Remember, with Medicare's ability to use bid prices in non-bid
areas, the current “competitive” bid program will
impact every HME provider and every Medicare beneficiary with HME
needs. None of us can afford to sit on the sidelines and watch. If
we all take an active role with our own member of Congress, we can
move this bill through the House of Representatives.

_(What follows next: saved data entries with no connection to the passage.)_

-- ===== src/Billing.antt =====
-- src/billing.rs: the usage of a request, what it costs, and the kinds of requests. An `i64` is an integer that wraps
-- as in the release build; the debug build panics where it wraps.
pub mod Cost
pub mod Model
pub mod Log
pub mod Ledger
pub mod Quota
use Prim.Native.Nat.{◌-◌, ◌*◌, ◌/◌}
use clewdr_hub.Common.{
  ℕ, suc, ◌+◌, ◌%◌, ◌^◌, String, Option, if◌then◌else◌, ltb, ℤ, pos, negsuc, pos_part, neg_part,
  sub_ℕ, ◌+ℤ◌,
}

-- The value of 64 bits that an integer has in two's complement.
unfoldable pub wrap_i64 : ℤ → ℤ
wrap_i64 i =
    let r = (pos_part i + (2 ^ 64 - neg_part i % 2 ^ 64)) % 2 ^ 64 in
    if ltb r (2 ^ 63) then pos r else negsuc (2 ^ 64 - r - 1)

unfoldable pub mul_i64 : ℤ → ℤ → ℤ
mul_i64 a b = wrap_i64 (
    sub_ℕ (pos_part a * pos_part b + neg_part a * neg_part b)
      (pos_part a * neg_part b + neg_part a * pos_part b))

unfoldable pub add_i64 : ℤ → ℤ → ℤ
add_i64 a b = wrap_i64 (a +ℤ b)

-- Division by a positive number, which rounds towards zero.
unfoldable pub quot_i64 : ℤ → ℕ → ℤ
quot_i64 (pos n) d = pos (n / d)
quot_i64 (negsuc n) d = sub_ℕ 0 (suc n / d)

-- `BillingUsage`.
pub record BillingUsage : Type 0 where
  pub input_tokens : ℕ
  pub output_tokens : ℕ
  pub cache_creation_tokens : ℕ
  pub cache_read_tokens : ℕ
  pub ttft_ms : Option ℤ

-- `as i64`.
abbrev pub as_i64 : ℕ → ℤ
as_i64 n = wrap_i64 (pos n)

-- `CACHE_CREATION_NUM`, `CACHE_READ_NUM` and their common denominator.
abbrev pub cache_creation_num : ℕ
cache_creation_num = 125

abbrev pub cache_read_num : ℕ
cache_read_num = 10

abbrev pub cache_den : ℕ
cache_den = 100

-- `BillingUsage::cost_nanousd`.
unfoldable pub cost_nanousd : BillingUsage → ℤ → ℤ → ℤ
cost_nanousd u input_price output_price =
    let base_input = mul_i64 (as_i64 u.input_tokens) input_price in
    let cache_create =
      quot_i64
        (mul_i64 (mul_i64 (as_i64 u.cache_creation_tokens) input_price) (pos cache_creation_num))
        cache_den in
    let cache_read =
      quot_i64 (mul_i64 (mul_i64 (as_i64 u.cache_read_tokens) input_price) (pos cache_read_num))
        cache_den in
    let output = mul_i64 (as_i64 u.output_tokens) output_price in
    add_i64 (add_i64 (add_i64 base_input cache_create) cache_read) output

-- `RequestType`.
pub data RequestType : Type 0 where
  messages probe_cookie probe_oauth probe_proxy test : RequestType

-- `RequestType::as_str`.
unfoldable pub request_type_str : RequestType → String
request_type_str messages = "messages"
request_type_str probe_cookie = "probe_cookie"
request_type_str probe_oauth = "probe_oauth"
request_type_str probe_proxy = "probe_proxy"
request_type_str test = "test"
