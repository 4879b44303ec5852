-- ===== src/Billing/Cost.antt =====
-- src/billing.rs: the cost of a request, as a number.
use Prim.Native.Nat.{◌*◌, ◌/◌}
use clewdr_hub.Common.{ℕ, ◌+◌, ◌≤◌, ◌<◌, ◌^◌, ◌≡◌, refl, ap, ◌∙◌, arith, pos, sub_ℕ, ◌+ℤ◌}
use clewdr_hub.Billing.{BillingUsage, wrap_i64, mul_i64, add_i64, quot_i64, cost_nanousd}

wrap_i64_small : (n : ℕ) → n < 2 ^ 63 → wrap_i64 (pos n) ≡ pos n
unfolding wrap_i64
wrap_i64_small n h = ground (arith, h)

sub_ℕ_none : (a b c : ℕ) → a ≡ c → b ≡ 0 → sub_ℕ a b ≡ pos c
sub_ℕ_none a b c h k = ground (arith, h, k)

mul_i64_small : (a b : ℕ) → a * b < 2 ^ 63 → mul_i64 (pos a) (pos b) ≡ pos (a * b)
unfolding mul_i64
mul_i64_small a b h =
    ap wrap_i64 (sub_ℕ_none (a * b + 0 * 0) (a * 0 + 0 * b) (a * b) (omega arith) (omega arith))
    ∙ wrap_i64_small (a * b) h

add_i64_small : (a b : ℕ) → a + b < 2 ^ 63 → add_i64 (pos a) (pos b) ≡ pos (a + b)
unfolding add_i64 ◌+ℤ◌
add_i64_small a b h =
    ap wrap_i64 (sub_ℕ_none (a + b) (0 + 0) (a + b) (omega arith) refl) ∙ wrap_i64_small (a + b) h

-- A usage whose counts and whose cost in hundredths lie in range at the prices `p` and `q`.
pub record IsSmall (u : BillingUsage) (p q : ℕ) : Type 0 where
  pub input : u.input_tokens < 2 ^ 63
  pub output : u.output_tokens < 2 ^ 63
  pub creation : u.cache_creation_tokens < 2 ^ 63
  pub read : u.cache_read_tokens < 2 ^ 63
  pub total :
      u.input_tokens * p
        + u.cache_creation_tokens * p * 125
        + u.cache_read_tokens * p * 10
        + u.output_tokens * q
      < 2 ^ 63

-- Hundred times the exact cost.
abbrev pub hundredths : BillingUsage → ℕ → ℕ → ℕ
hundredths u p q =
    u.input_tokens * p * 100
    + u.cache_creation_tokens * p * 125
    + u.cache_read_tokens * p * 10
    + u.output_tokens * q * 100

abbrev cost_of : BillingUsage → ℕ → ℕ → ℕ
cost_of u p q =
    u.input_tokens * p
    + u.cache_creation_tokens * p * 125 / 100
    + u.cache_read_tokens * p * 10 / 100
    + u.output_tokens * q

cost_nanousd-cost_of :
    (u : BillingUsage) (p q : ℕ)
    → IsSmall u p q
    → cost_nanousd u (pos p) (pos q) ≡ pos (cost_of u p q)
unfolding cost_nanousd quot_i64
cost_nanousd-cost_of u p q s =
    let x = u.input_tokens * p in
    let y = u.cache_creation_tokens * p in
    let z = u.cache_read_tokens * p in
    let w = u.output_tokens * q in
    let whole : x + y * 125 + z * 10 + w < 2 ^ 63 = s.total in
    rw
      (
        wrap_i64_small u.input_tokens s.input,
        wrap_i64_small u.cache_creation_tokens s.creation,
        wrap_i64_small u.cache_read_tokens s.read,
        wrap_i64_small u.output_tokens s.output,
        mul_i64_small u.input_tokens p (omega (arith, whole)),
        mul_i64_small u.cache_creation_tokens p (omega (arith, whole)),
        mul_i64_small u.cache_read_tokens p (omega (arith, whole)),
        mul_i64_small u.output_tokens q (omega (arith, whole)),
        mul_i64_small y 125 (omega (arith, whole)),
        mul_i64_small z 10 (omega (arith, whole)),
        add_i64_small x (y * 125 / 100) (omega (arith, whole)),
        add_i64_small (x + y * 125 / 100) (z * 10 / 100) (omega (arith, whole)),
        add_i64_small (x + y * 125 / 100 + z * 10 / 100) w (omega (arith, whole)),
      )
      refl

-- If the counts and the sum of the products are in the range of an `i64`, the cost is a number that is at most the exact
-- one (input 1, cache writes 1.25 and cache reads 0.1 times the input price, output its own price) and less than two
-- billionths of a dollar below it.
pub cost_nanousd-IsSmall :
    (u : BillingUsage) (p q : ℕ)
    → IsSmall u p q
    → (c : ℕ) × (cost_nanousd u (pos p) (pos q) ≡ pos c)
      × (c * 100 ≤ hundredths u p q)
      × (hundredths u p q < c * 100 + 200)
cost_nanousd-IsSmall u p q s =
    (cost_of u p q, cost_nanousd-cost_of u p q s, omega arith, omega arith)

A cautionary note, however. Two hurdles must be overcome to be
successful in getting Congress to repeal the competitive bid
program. First, we will have to somehow “pay” for
repeal of the bid program. Congress has “pay-go” rules
that essentially require any legislation that will cost the federal
government money to pay for it. While at press time there had not
been an official score on the bill by the Congressional Budget
Office, H.R. 3790 largely pays for repeal of the program through
elimination of the annual price increases and modest reductions
(e.g., less than a percent a year) to the fee schedule over a few
years. The second hurdle is that Congress must be convinced that
the price Medicare pays for HME is reasonably related to a
“market” price.

There are numerous dangerous aspects of the concept of DME
manufacturer competitive bidding, not the least of which is how
Medicare would compensate HME providers for all the services
beneficiaries rely upon. As far as we know, there is no model for
“unbundling” payment for equipment acquisition cost and
the varied services that HME providers furnish to beneficiaries.
This would be a dramatic change for the HME industry, particularly
given that Medicare has done a poor job of defining the specific
services it expects beneficiaries to receive in conjunction with
their HME items. Clearly, this is a critical issue and one for
which the American Association for Homecare can provide detailed
input.

In addition, if the Medicare program were to limit the
beneficiary's choice of product, how will patients have access to
new technology that might be available but that might not be
included in the Medicare's contract(s) with the contractor
manufacturer(s)? How would Medicare ensure that contracted
manufacturers' products would meet the full array of all
beneficiaries needs? How would Medicare ensure that beneficiaries
will have access to quality products and that price will not be the
sole determinant? What criteria would be required of
contractors?

Looking at VA contracts, there are multiple complex and
sophisticated requirements.

While it is good news that we are gaining support in Congress to
get rid of the current bid program, we must ensure that Congress
does not replace it with something that would prove equally
disastrous.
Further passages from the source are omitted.